I'm a CPC whose moved up in duties and am now auditing/educating for the company I work for.  I'm not certified as an auditor just yet and so I struggle daily on when is it okay to override the code based on MDM.

My scenerio would be this...  It's an established patient the physician meets a level 99214 based on the HPI, ROS, PFSH and EXAM, but the MDM only meets a level 99213.   Do you keep the level 99214 based on the rule that they only need to meet 2 out of the 3 area's for an established patient, or do you scale it back to a 99213 based on the fact that their MDM doesn't support billing of a 99214.   Any help with this one would be greatly appreciated.  

I currently use the Intelicode product to conduct my audits if that helps.


----------



## espressoguy

Our hospital's policy is that MDM must be one of the two elements required for an established patient's E/M. Therefore we would always recode a 99214 as 99213 if the MDM was Low, even if the History & Exam were Detailed or higher.


----------



## kmaher

Can I ask who set forth this policy and how did they come up with this criteria?   I want to make sure I have all my bases covered when I present something like this to my boss.  This is a new position with in our company and I'm the first person to make a go of it.  Thanks for your help.


----------



## mdoyle53

I would ask - why there is a level 4 hx.  Was it necessary or was it done to obtain the higher coding.
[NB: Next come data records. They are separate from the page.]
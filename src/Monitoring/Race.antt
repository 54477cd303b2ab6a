-- ===== src/Monitoring/Race.antt =====
-- Two monitors that take the lock at the same time: each call of `acquire_lock` as the steps that
-- another process may see, one access to the lock file each.
use invoice_hub.Prelude.{
  Bool, Option, false, if◌then◌else◌, none, not, some, true, ℕ, ◌&&◌, ◌==◌, ◌≡◌,
}

pub data Monitor : Type 0 where
  one two : Monitor

-- Where a monitor stands: it may have found a stale lock, be about to create the file, have created
-- it without its content, or hold the lock.
pub data Phase : Type 0 where
  idle stale creating writing holding : Phase

-- The file at the path of the lock: the monitor that created it, `none` for one from before, and the
-- `pid` in it, 0 while its content is not written.
pub record LockFile : Type 0 where
  pub creator : Option Monitor
  pub pid : ℕ

pub record Race : Type 0 where
  pub lock_file : Option LockFile
  pub phase_one : Phase
  pub phase_two : Phase

abbrev pub phase_of : Monitor → Race → Phase
phase_of one s = s.phase_one
phase_of two s = s.phase_two

abbrev pub set_phase : Monitor → Phase → Race → Race
set_phase one p s = record s { phase_one = p }
set_phase two p s = record s { phase_two = p }

abbrev pub is_own : Monitor → Option Monitor → Bool
is_own m none = false
is_own one (some one) = true
is_own two (some two) = true
is_own one (some two) = false
is_own two (some one) = false

-- The content goes to the file that the monitor created, wherever that is by now.
abbrev pub written_file : Monitor → ℕ → Option LockFile → Option LockFile
written_file m pid none = none
written_file m pid (some f) = some (if is_own m f.creator then record f { pid = pid } else f)

abbrev pub new_file : Monitor → LockFile
new_file m = record { creator = some m; pid = 0 }

-- The steps that take no lock for a stale one. `pid_of` is the process of a monitor, `is_alive` the
-- process table.
pub data QuietStep (pid_of : Monitor → ℕ) (is_alive : ℕ → Bool) : Race → Race → Type 0 where
  -- `cleanup_stale_lock` finds no file, or the file of a living process
  found_none :
      (m : Monitor) {s : Race}
      → phase_of m s ≡ idle
      → s.lock_file ≡ none
      → QuietStep pid_of is_alive s (set_phase m creating s)
  found_alive :
      (m : Monitor) {s : Race} (f : LockFile)
      → phase_of m s ≡ idle
      → s.lock_file ≡ some f
      → is_alive f.pid ≡ true
      → QuietStep pid_of is_alive s (set_phase m creating s)
  -- `shutil.move` of what is at the path
  moved :
      (m : Monitor) {s : Race}
      → phase_of m s ≡ stale
      → QuietStep pid_of is_alive s (set_phase m creating (record s { lock_file = none }))
  -- `os.open` with `O_EXCL`
  created :
      (m : Monitor) {s : Race}
      → phase_of m s ≡ creating
      → s.lock_file ≡ none
      → QuietStep pid_of is_alive s
          (set_phase m writing (record s { lock_file = some (new_file m) }))
  refused :
      (m : Monitor) {s : Race} (f : LockFile)
      → phase_of m s ≡ creating
      → s.lock_file ≡ some f
      → QuietStep pid_of is_alive s (set_phase m idle s)
  -- `json.dump`
  wrote :
      (m : Monitor) {s : Race}
      → phase_of m s ≡ writing
      → QuietStep pid_of is_alive s
          (set_phase m holding (record s { lock_file = written_file m (pid_of m) s.lock_file }))
  -- `release_lock`
  released :
      (m : Monitor) {s : Race}
      → phase_of m s ≡ holding
      → QuietStep pid_of is_alive s (set_phase m idle (record s { lock_file = none }))
  -- The move, the creation, the writing of the content (the file stays) or the removal fails.
  move_failed :
      (m : Monitor) {s : Race}
      → phase_of m s ≡ stale
      → QuietStep pid_of is_alive s (set_phase m creating s)
  create_failed :
      (m : Monitor) {s : Race}
      → phase_of m s ≡ creating
      → QuietStep pid_of is_alive s (set_phase m idle s)
  write_failed :
      (m : Monitor) {s : Race}
      → phase_of m s ≡ writing
      → QuietStep pid_of is_alive s (set_phase m idle s)
  remove_failed :
      (m : Monitor) {s : Race}
      → phase_of m s ≡ holding
      → QuietStep pid_of is_alive s (set_phase m idle s)

-- All steps.
pub data Step (pid_of : Monitor → ℕ) (is_alive : ℕ → Bool) : Race → Race → Type 0 where
  quiet : {s t : Race} → QuietStep pid_of is_alive s t → Step pid_of is_alive s t
  -- `cleanup_stale_lock` reads no `pid`, or one of a dead process
  found_stale :
      (m : Monitor) {s : Race} (f : LockFile)
      → phase_of m s ≡ idle
      → s.lock_file ≡ some f
      → (not (f.pid == 0) && is_alive f.pid) ≡ false
      → Step pid_of is_alive s (set_phase m stale s)

-- Runs of quiet steps.
pub data QuietRun (pid_of : Monitor → ℕ) (is_alive : ℕ → Bool) : Race → Race → Type 0 where
  done : {s : Race} → QuietRun pid_of is_alive s s
  then_step :
      {s t u : Race}
      → QuietRun pid_of is_alive s t
      → QuietStep pid_of is_alive t u
      → QuietRun pid_of is_alive s u

abbrev pub no_monitor : Race
no_monitor = record { lock_file = none; phase_one = idle; phase_two = idle }

-- Runs of all steps.
pub data Run (pid_of : Monitor → ℕ) (is_alive : ℕ → Bool) : Race → Race → Type 0 where
  at_rest : {s : Race} → Run pid_of is_alive s s
  run_step :
      {s t u : Race} → Run pid_of is_alive s t → Step pid_of is_alive t u → Run pid_of is_alive s u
Insurance carriers are looking at medical necessity and unless it was required to treat the patient then I would move the code back to a 99213.

All contracts indicate you will only provide medically necessary services - look at the hx carefully and determine if the steps were necessary!  It is an established patient and hence why did the provider have to document so much?

Mike


----------



## Pam Brooks

Since Medical necessity (not to be confused with MDM) is the overarching criteria for code selection, there may be times when MDM should not be the key component that drives the code.  For example:  a patient follows up 6 months following chemotherapy for breast cancer.  The provider does an appropriate detailed history, and a detailed examination, but the MDM is straightforward.....Breast cancer, stable.  If you coded this based entirely on MDM, you'd come up with a 99212.  In this case, if there is medical necessity for a detailed history and exam to come to the conclusion of the diagnosis, then a 212 might not be appropriate, since this case isn't of the same caliber as a straightforward resolving ear infection in a 6-year-old.  E&M coding is not always black and white.  What must also be considered is the nature of the presenting problem.  In this case, I'd probably split the difference between a 99212 (per MDM) and a 99214 (per HPI/ROS amd exam).


----------



## dclark7

You can also check with your insurance carriers.  For instance Anthem Blue Cross of CT has stated in it's policies that MDM is one of the two criteria used to determine E/M levels for established patients.  Either History or exam can be counted for the other.  I don't know if any other insurance companies have done this, but you should verify what their guidelines are.


----------



## Pam Brooks

Below are the guidelines for NHIC (Northern New England). Although NHIC says that "Physician MDM is critical to determine the overall level of care provided during a patient encounter", I don't necessarily interpret this to mean that MDM must always be one of the two key components, in fact, I don't see that specific language anywhere in the documentation guidelines. I believe that what NHIC is saying is that MDM must always be clearly documented...the presenting problem, status, treatment, and physician's overall thought process, and that by understanding the nature of the presenting problem and the elements of MDM, you can ascertain the necessity of the other key components as relatated to that problem. That concept is what makes MDM critical, and a good place to start, but it may not be the overarching criteria....medical necessity is. I think a lot of coders get caught up in counting all of the bullets, and although that's a part of it, it doesn't always result in the appropriate level of service if the bullets aren't medically necessary. E&M auditing isn't an exact science, but it's interesting once you understand the concept. 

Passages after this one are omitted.